一旁赵荣芝也转了腔道:“一点儿也没说错,当着你的面我也这样讲,养育子女,重在教养,家教需严,挨冻受饿,当然不当,挨打受骂,理所当然!正当教育该打就打,该骂就骂!过分溺爱放纵,他越不知天高地厚。”
“还是打不得。”罗婶子的脸凝住了,凝固在极度尴尬中。
“吃菜、吃菜!”凌老太见没一个顺着她的意,连吼了几声。
一时桌上肃静,恰这时云秀穿堂进来,微笑道:“世上就没见过这么调皮的孩子,那性气还是随你们罗家人。”凌老太气得咬牙切齿,恨不得一拳打死她。罗婶子气得脸灰溜溜,饭也吃不下,起身退席。
饭后,罗家婶子拉着凌老太的手又说了一回话,临走时说:“凌主任,赵本逵还要你照望他,我先走了。”
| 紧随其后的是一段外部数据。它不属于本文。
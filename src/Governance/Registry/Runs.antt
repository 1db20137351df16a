-- ===== src/Governance/Registry/Runs.antt =====
-- The registries that a run of the registry's operations reaches.
use gpuopt.Base.{ℕ, ◌≡◌, none, string_eq}
use gpuopt.Base.Dict.{lookup}
use gpuopt.Governance.Models.{Uuid, ModelActionClass, action_class_eq, ModelStatus, ModelVersion}
use gpuopt.Governance.Registry.{
  ModelRegistry, empty_registry, register, update_status, delete, promote_challenger,
}
use gpuopt.Governance.Registry.Laws.{
  IsSound, register-IsSound, update_status-IsSound, delete-IsSound, promote_challenger-IsSound,
}

-- One operation; a new version has a new id.
pub data Step : ModelRegistry → ModelRegistry → Type 0 where
  registers :
      (v : ModelVersion) (r : ModelRegistry) → lookup v.id r.versions ≡ none → Step r (register v r)
  updates :
      (vid : Uuid) (s : ModelStatus) (now : ℕ) (r : ModelRegistry)
      → Step r (update_status vid s now r).1
  deletes : (vid : Uuid) (r : ModelRegistry) → Step r (delete vid r).1
  promotes :
      (c : ModelActionClass) (now : ℕ) (r : ModelRegistry) → Step r (promote_challenger c now r).1

pub data Reachable : ModelRegistry → Type 0 where
  start : Reachable empty_registry
  step : {r s : ModelRegistry} → Reachable r → Step r s → Reachable s

empty-IsSound : IsSound empty_registry
empty-IsSound = record {
  keyed = λ k v e. absurd cc;
  champions = λ c k e. absurd cc;
  challengers = λ c k e. absurd cc;
}

Step-IsSound : {r s : ModelRegistry} → Step r s → IsSound r → IsSound s
Step-IsSound (registers v r fresh) h = register-IsSound v r fresh h
Step-IsSound (updates vid s now r) h = update_status-IsSound vid s now r h
Step-IsSound (deletes vid r) h = delete-IsSound vid r h
Step-IsSound (promotes c now r) h = promote_challenger-IsSound c now r h

-- Every registry that registrations of new versions, status updates, deletions and promotions
-- reach is sound: versions stand under their ids, and every champion and challenger named is a
-- stored version of the class that names it.
pub Reachable-IsSound : {r : ModelRegistry} → Reachable r → IsSound r
Reachable-IsSound start = empty-IsSound
Reachable-IsSound (step run last) = Step-IsSound last (Reachable-IsSound run)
凌老太两手叠在罗婶子手上,含着热泪说道:“空慢唎啊,来一趟没好生招呼你,不要见责,赵本逵在这,你放心,有我在,不得让他挨打。”
秋月姊弟游戏被捉拿
到了九月,云秀脸颧骨还是紫黑,眼窝里仍有麻子斑点,除了早晚田里土里忙,她照样骑车去瓷厂上班。
这日正午十二点,云秀从工厂回来,只见大门口左右两边整齐排列着六个方凳,左边是凌老太,赵书记,右边是孩子们。他们在门口享着凉风闲聊,老狗和老猫也趴在地上伸着懒腰。
当云秀的单车叮叮当当爬上坡时,没人正眼看她一眼,但饥肠辘辘的肚子使他们欢迎她,他们期待熟食快些端上桌。云秀看着气不打一处,一群人单指望她一个人,当单车推到他们身边时,心中的怒火使她不断敲响车铃,让铃声敲醒这些懒惰的灵魂吧。
然而云秀备完菜并不急,先将花池的蓄水注满两桶,肩挑扁担,手里还夹着一个小篮。路过他们中间时,愤怒的绿水从桶里溢出来,顿时将她们打散,一个个起身望着她摇晃的身体发怒呆。